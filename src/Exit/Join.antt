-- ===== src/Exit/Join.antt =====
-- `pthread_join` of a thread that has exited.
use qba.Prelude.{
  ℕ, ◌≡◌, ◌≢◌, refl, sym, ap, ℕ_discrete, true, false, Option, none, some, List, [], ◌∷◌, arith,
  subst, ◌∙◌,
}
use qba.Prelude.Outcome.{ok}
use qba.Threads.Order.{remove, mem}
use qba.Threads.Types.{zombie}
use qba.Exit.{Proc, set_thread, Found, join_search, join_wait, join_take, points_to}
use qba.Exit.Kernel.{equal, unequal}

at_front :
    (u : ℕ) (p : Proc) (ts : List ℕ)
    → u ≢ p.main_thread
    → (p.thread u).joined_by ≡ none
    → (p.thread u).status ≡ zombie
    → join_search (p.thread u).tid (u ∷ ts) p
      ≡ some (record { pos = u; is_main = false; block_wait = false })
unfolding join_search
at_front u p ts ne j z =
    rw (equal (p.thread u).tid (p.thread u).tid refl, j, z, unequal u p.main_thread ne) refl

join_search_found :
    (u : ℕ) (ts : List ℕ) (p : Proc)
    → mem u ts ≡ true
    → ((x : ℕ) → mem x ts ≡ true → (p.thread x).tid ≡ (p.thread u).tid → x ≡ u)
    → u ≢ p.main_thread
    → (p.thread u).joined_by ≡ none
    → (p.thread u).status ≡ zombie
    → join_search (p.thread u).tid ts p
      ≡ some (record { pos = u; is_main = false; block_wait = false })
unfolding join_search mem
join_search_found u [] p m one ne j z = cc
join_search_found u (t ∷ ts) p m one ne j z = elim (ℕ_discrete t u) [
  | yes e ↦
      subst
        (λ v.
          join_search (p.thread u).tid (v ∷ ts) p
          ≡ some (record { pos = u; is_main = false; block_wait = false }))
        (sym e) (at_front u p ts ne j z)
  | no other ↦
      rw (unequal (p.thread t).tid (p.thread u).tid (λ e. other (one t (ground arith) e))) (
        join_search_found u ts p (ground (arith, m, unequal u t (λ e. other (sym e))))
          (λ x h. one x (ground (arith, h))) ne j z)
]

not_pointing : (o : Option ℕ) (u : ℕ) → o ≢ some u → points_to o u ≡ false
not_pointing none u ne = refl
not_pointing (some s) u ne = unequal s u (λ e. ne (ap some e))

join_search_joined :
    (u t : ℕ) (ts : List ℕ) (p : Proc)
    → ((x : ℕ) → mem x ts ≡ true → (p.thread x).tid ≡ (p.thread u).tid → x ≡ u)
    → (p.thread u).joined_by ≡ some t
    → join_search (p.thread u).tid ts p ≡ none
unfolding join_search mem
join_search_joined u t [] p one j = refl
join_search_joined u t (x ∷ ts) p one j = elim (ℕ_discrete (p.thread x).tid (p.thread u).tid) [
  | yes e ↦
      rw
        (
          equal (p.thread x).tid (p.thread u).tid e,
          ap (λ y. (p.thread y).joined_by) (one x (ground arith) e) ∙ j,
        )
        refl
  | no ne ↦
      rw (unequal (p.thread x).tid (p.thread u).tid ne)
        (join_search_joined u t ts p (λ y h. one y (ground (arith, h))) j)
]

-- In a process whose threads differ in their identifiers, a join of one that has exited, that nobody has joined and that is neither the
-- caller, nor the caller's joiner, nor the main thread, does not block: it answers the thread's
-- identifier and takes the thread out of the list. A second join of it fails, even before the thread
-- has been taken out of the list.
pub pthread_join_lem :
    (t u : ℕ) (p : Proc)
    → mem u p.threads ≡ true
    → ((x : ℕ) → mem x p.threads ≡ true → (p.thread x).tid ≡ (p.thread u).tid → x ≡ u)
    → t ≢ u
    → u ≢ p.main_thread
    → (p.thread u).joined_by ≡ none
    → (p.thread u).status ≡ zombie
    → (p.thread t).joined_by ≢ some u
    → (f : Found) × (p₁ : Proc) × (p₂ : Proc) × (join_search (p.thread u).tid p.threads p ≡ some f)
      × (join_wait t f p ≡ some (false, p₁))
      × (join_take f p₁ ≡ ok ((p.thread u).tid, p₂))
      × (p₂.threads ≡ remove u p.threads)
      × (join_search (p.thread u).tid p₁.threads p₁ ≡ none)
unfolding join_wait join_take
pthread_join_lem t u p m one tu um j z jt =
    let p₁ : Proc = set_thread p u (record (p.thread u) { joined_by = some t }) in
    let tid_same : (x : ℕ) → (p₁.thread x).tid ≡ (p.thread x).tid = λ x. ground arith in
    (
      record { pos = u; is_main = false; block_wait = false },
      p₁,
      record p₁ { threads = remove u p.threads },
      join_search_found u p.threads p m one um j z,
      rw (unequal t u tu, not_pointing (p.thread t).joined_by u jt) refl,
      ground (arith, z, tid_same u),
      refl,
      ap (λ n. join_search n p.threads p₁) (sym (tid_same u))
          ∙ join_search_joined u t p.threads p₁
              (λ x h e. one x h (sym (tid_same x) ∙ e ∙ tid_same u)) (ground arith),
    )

- _WHAT IS EXPECTED_:
Could all of the entries be retyped word for word?

- _RESPONSE TO THE EXERCISE_:
filename src/Exit/Join.antt
-- ===== src/Exit/Join.antt =====
-- `pthread_join` of a thread that has exited.
use qba.Prelude.{
  ℕ, ◌≡◌, ◌≢◌, refl, sym, ap, ℕ_discrete, true, false, Option, none, some, List, [], ◌∷◌, arith,
  subst, ◌∙◌,
}
use qba.Prelude.Outcome.{ok}
use qba.Threads.Order.{remove, mem}
use qba.Threads.Types.{zombie}
use qba.Exit.{Proc, set_thread, Found, join_search, join_wait, join_take, points_to}
use qba.Exit.Kernel.{equal, unequal}

at_front :
    (u : ℕ) (p : Proc) (ts : List ℕ)
    → u ≢ p.main_thread
    → (p.thread u).joined_by ≡ none
    → (p.thread u).status ≡ zombie
    → join_search (p.thread u).tid (u ∷ ts) p
      ≡ some (record { pos = u; is_main = false; block_wait = false })
unfolding join_search
at_front u p ts ne j z =
    rw (equal (p.thread u).tid (p.thread u).tid refl, j, z, unequal u p.main_thread ne) refl

join_search_found :
    (u : ℕ) (ts : List ℕ) (p : Proc)
    → mem u ts ≡ true
    → ((x : ℕ) → mem x ts ≡ true → (p.thread x).tid ≡ (p.thread u).tid → x ≡ u)
    → u ≢ p.main_thread
    → (p.thread u).joined_by ≡ none
    → (p.thread u).status ≡ zombie
    → join_search (p.thread u).tid ts p
      ≡ some (record { pos = u; is_main = false; block_wait = false })
unfolding join_search mem
join_search_found u [] p m one ne j z = cc
join_search_found u (t ∷ ts) p m one ne j z = elim (ℕ_discrete t u) [
  | yes e ↦
      subst
        (λ v.
          join_search (p.thread u).tid (v ∷ ts) p
          ≡ some (record { pos = u; is_main = false; block_wait = false }))
        (sym e) (at_front u p ts ne j z)
  | no other ↦
      rw (unequal (p.thread t).tid (p.thread u).tid (λ e. other (one t (ground arith) e))) (
        join_search_found u ts p (ground (arith, m, unequal u t (λ e. other (sym e))))
          (λ x h. one x (ground (arith, h))) ne j z)
]

not_pointing : (o : Option ℕ) (u : ℕ) → o ≢ some u → points_to o u ≡ false
not_pointing none u ne = refl
not_pointing (some s) u ne = unequal s u (λ e. ne (ap some e))

join_search_joined :
    (u t : ℕ) (ts : List ℕ) (p : Proc)
    → ((x : ℕ) → mem x ts ≡ true → (p.thread x).tid ≡ (p.thread u).tid → x ≡ u)
    → (p.thread u).joined_by ≡ some t
    → join_search (p.thread u).tid ts p ≡ none
unfolding join_search mem
join_search_joined u t [] p one j = refl
join_search_joined u t (x ∷ ts) p one j = elim (ℕ_discrete (p.thread x).tid (p.thread u).tid) [
  | yes e ↦
      rw
        (
          equal (p.thread x).tid (p.thread u).tid e,
          ap (λ y. (p.thread y).joined_by) (one x (ground arith) e) ∙ j,
        )
        refl
  | no ne ↦
      rw (unequal (p.thread x).tid (p.thread u).tid ne)
        (join_search_joined u t ts p (λ y h. one y (ground (arith, h))) j)
]

-- In a process whose threads differ in their identifiers, a join of one that has exited, that nobody has joined and that is neither the
-- caller, nor the caller's joiner, nor the main thread, does not block: it answers the thread's
-- identifier and takes the thread out of the list. A second join of it fails, even before the thread
-- has been taken out of the list.
pub pthread_join_lem :
    (t u : ℕ) (p : Proc)
    → mem u p.threads ≡ true
    → ((x : ℕ) → mem x p.threads ≡ true → (p.thread x).tid ≡ (p.thread u).tid → x ≡ u)
    → t ≢ u
    → u ≢ p.main_thread
    → (p.thread u).joined_by ≡ none
    → (p.thread u).status ≡ zombie
    → (p.thread t).joined_by ≢ some u
    → (f : Found) × (p₁ : Proc) × (p₂ : Proc) × (join_search (p.thread u).tid p.threads p ≡ some f)
      × (join_wait t f p ≡ some (false, p₁))
      × (join_take f p₁ ≡ ok ((p.thread u).tid, p₂))
      × (p₂.threads ≡ remove u p.threads)
      × (join_search (p.thread u).tid p₁.threads p₁ ≡ none)
unfolding join_wait join_take
pthread_join_lem t u p m one tu um j z jt =
    let p₁ : Proc = set_thread p u (record (p.thread u) { joined_by = some t }) in
    let tid_same : (x : ℕ) → (p₁.thread x).tid ≡ (p.thread x).tid = λ x. ground arith in
    (
      record { pos = u; is_main = false; block_wait = false },
      p₁,
      record p₁ { threads = remove u p.threads },
      join_search_found u p.threads p m one um j z,
      rw (unequal t u tu, not_pointing (p.thread t).joined_by u jt) refl,
      ground (arith, z, tid_same u),
      refl,
      ap (λ n. join_search n p.threads p₁) (sym (tid_same u))
          ∙ join_search_joined u t p.threads p₁
              (λ x h e. one x h (sym (tid_same x) ∙ e ∙ tid_same u)) (ground arith),
    )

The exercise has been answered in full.